9 Haziran 2010 Çarşamba

EN SON YÜREKLER ÖLÜR


‘’Sıkı tutun Nehir!’’ çığlıkları ile irkiliyorsunuz kitabın ilk sayfalarında…Birbirini çok seven iki insanın son model,kan kırmızı bir arabaya binip birlikte geçirdikleri büyük bir kaza ile birlikte gelen acı, özlem ve en önemlisi de yanında ailen, dostların olmasına rağmen O’nun olmayışının verdiği yalnızlık ve kendinden önce eşini düşünen bir kalbin varlığı... Olayları sanki siz yaşıyorsunuz, bir anda roman kahramanı siz oluveriyorsunuz. Nehir gibi olmaktan ve Nehir gibi düşünmekten kendinizi alamıyorsunuz. Yüreğinizde koyacak yer bulamadığınız sevdiğiniz bir anda yaşamla ölüm arasında bir çizgide duruyor. Acıyı ta yüreğinizin en derinliklerinde ister istemez hissediyorsunuz. Aşkın yanı sıra organ bağışı ve organ naklini ile karşılaşıyorsunuz bir anda. Gözünün içine baktığınız hayat arkadaşınızın organlarının başka canlarda can bulacak olması, sevdiğinizin ölümüne karşılık onun organları başkalarının yaşamını kurtaracak olması, siz hayat arkadaşını kaybetmenin acısıyla ağlarken başkalarına can bağışlayıp onları mutlu olması konusunda karar verme yetkisi size verilse nasıl bir karar verirdiniz? Kim Nehir gibi bu kadar cesur karar verebilirdi? Ölümü bile daha yakıştıramadığınız sevdiğinizin organlarını dar bir zamanda başkalarına can diye bağışlamak. ‘’Dur biraz düşüneyim.’’ bile diyemeyeceğiniz kadar kısa bir süre. Pişman olursan geri dönüşü olmayan çıkmaz bir yol gibi gelir insana. O duygu seli içinde, en doğru kararı vermek imkansız gibi geliyor bana. İşte yine Nehir gibi düşünmeye başlıyorsunuz! Kılına bile zarar gelmesinden korktuğunuz insanın ölümüne inanmazken onun organlarının alınması.Beyin ölümü gerçekleşiyor; ama kalbi çalışıyor. Bir mucize beklemez mi insan, makineye bağlı olsa bile yaşasın o, sakın fişleri çekmeyin demek bile küçük de olsa bir umuttur. Sizin izninizle çekilecek bir fiş ve yine sizin izninizle alınacak organlar.

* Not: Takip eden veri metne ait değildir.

-- ===== src/Exchange/Process.antt =====
-- `_anj_exchange_process` and `_anj_exchange_terminate` (src/anj/exchange.c). `process` is to be
-- called in one of the two waiting states, with no new message while a confirmation is waited for and
-- no confirmation while a message is.
use anjay_lite.Base.{◌+◌, ◌%◌, ◌^◌, false, not, ◌&&◌, none, leb, ltb, if◌then◌else◌}
use anjay_lite.Coap.{Msg, code_bad_request}
use anjay_lite.Exchange.{
  Ctx, State, Event, Platform, Result, msg_to_send, waiting_send_confirmation, waiting_msg,
  finished, new_msg, send_confirmation, success, error_timeout, error_request, processing_delay,
  finalize_exchange, reset_exchange_params, timeout_occurred,
}
use anjay_lite.Exchange.Request.{handle_server_request}
use anjay_lite.Exchange.Response.{handle_server_response}
use anjay_lite.Time.{duration_add, duration_shift}

module _ {A : Type 0} where
  -- "else if (event == ANJ_EXCHANGE_EVENT_SEND_CONFIRMATION)"
  unfoldable pub message_sent : Ctx A → Ctx A
  message_sent ctx =
      if not ctx.confirmable && not ctx.block_transfer
      then finalize_exchange ctx none
          (if leb code_bad_request ctx.msg_code then error_request else success)
      else record ctx { state = waiting_msg }

  -- `handle_send_confirmation`
  unfoldable pub handle_send_confirmation : Platform → Ctx A → Event → Ctx A
  handle_send_confirmation p ctx event =
      if timeout_occurred p ctx.send_confirmation_timeout_timestamp
      then finalize_exchange ctx none error_timeout
      else elim event [ send_confirmation ↦ message_sent ctx | _ ↦ ctx ]

  -- "used in case of separate response": the request that waited for the empty response
  unfoldable pub send_prepared : Platform → Ctx A → Msg → Ctx A × Msg × State
  send_prepared p ctx msg = elim ctx.state [
    | waiting_msg ↦
        if ctx.request_prepared
        then (
          reset_exchange_params p
              (record ctx { request_prepared = false; state = waiting_send_confirmation }),
          ctx.base_msg,
          msg_to_send,
        )
        else (ctx, msg, ctx.state)
    | _ ↦ (ctx, msg, ctx.state)
  ]

  -- The message is sent once more; the timeout doubles each time ("1 << ctx->retry_count").
  unfoldable pub retransmit : Platform → Ctx A → Ctx A × Msg × State
  retransmit p ctx =
      let count = (ctx.retry_count + 1) % 2 ^ 16 in
      (
        record ctx {
          retry_count = count;
          timeout_timestamp =
              duration_add p.now (duration_shift p.undefined_delay ctx.timeout count);
          send_confirmation_timeout_timestamp = duration_add p.now processing_delay;
          state = waiting_send_confirmation;
        },
        ctx.base_msg,
        msg_to_send,
      )

  -- "if (timeout_occurred(ctx->timeout_timestamp))"
  unfoldable pub check_timeout : Platform → Ctx A → Msg → Ctx A × Msg × State
  check_timeout p ctx msg =
      if not (timeout_occurred p ctx.timeout_timestamp)
      then (ctx, msg, waiting_msg)
      else if not ctx.server_request && ltb ctx.retry_count ctx.tx_params.max_retransmit
      then retransmit p ctx
      else (finalize_exchange ctx none error_timeout, msg, finished)

  -- What follows the handling of a new message.
  unfoldable pub message_handled : Platform → Ctx A × Msg → Ctx A × Msg × State
  message_handled p (ctx, msg) = elim ctx.state [
    | waiting_send_confirmation ↦ (
      record ctx { send_confirmation_timeout_timestamp = duration_add p.now processing_delay },
      msg,
      msg_to_send,
    )
    | waiting_msg ↦ check_timeout p ctx msg
    | _ ↦ (ctx, msg, ctx.state)
  ]

  -- "if (event == ANJ_EXCHANGE_EVENT_NEW_MSG)"
  unfoldable pub handle_new_msg : Platform → Ctx A → Msg → Ctx A × Msg × State
  handle_new_msg p ctx msg = message_handled p (
      if ctx.server_request
      then handle_server_request p ctx msg
      else handle_server_response p ctx msg)

  -- `_anj_exchange_process`
  unfoldable pub process : Platform → Ctx A → Event → Msg → Ctx A × Msg × State
  process p ctx event msg = elim ctx.state [
    | waiting_send_confirmation ↦ send_prepared p (handle_send_confirmation p ctx event) msg
    | _ ↦ elim event [ new_msg ↦ handle_new_msg p ctx msg | _ ↦ check_timeout p ctx msg ]
  ]

  -- `_anj_exchange_terminate`
  unfoldable pub terminate : Ctx A → (reason : Result) → Ctx A
  terminate ctx reason = elim ctx.state [ finished ↦ ctx | _ ↦ finalize_exchange ctx none reason ]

Bir iki saat önce size sevgiyle bakan gözleri, sadece size bağlı olan kalbi nasıl çıkartıp başkasına vereceksiniz? Canı acıyacak mı diye iç hesaplaşmaları ile okuyacağınız bir kitap. Olayın akışına kendinizi kaptırmışken ,bu kadar etkileyici bir kitabın sonu böyle sonuçlanmamalıydı diyorsunuz kendi kendinize. Kitapta bazı olaylar bize çok saçma gelse de sürükleyici bir üslup ve sade bir dille kaleme alındığı için elinizden bırakamayacağınız bir kitap… Kötü bir sonla bitmesine rağmen herkesi derinden etkileyecek, organ bağışı konusunda hepimizi düşündürecek ve bilmediklerimizi bize öğreteceği için en önemlisi de EN SON YÜREKLER ÖLECEĞİ için bence okumalısınız bu kitabı.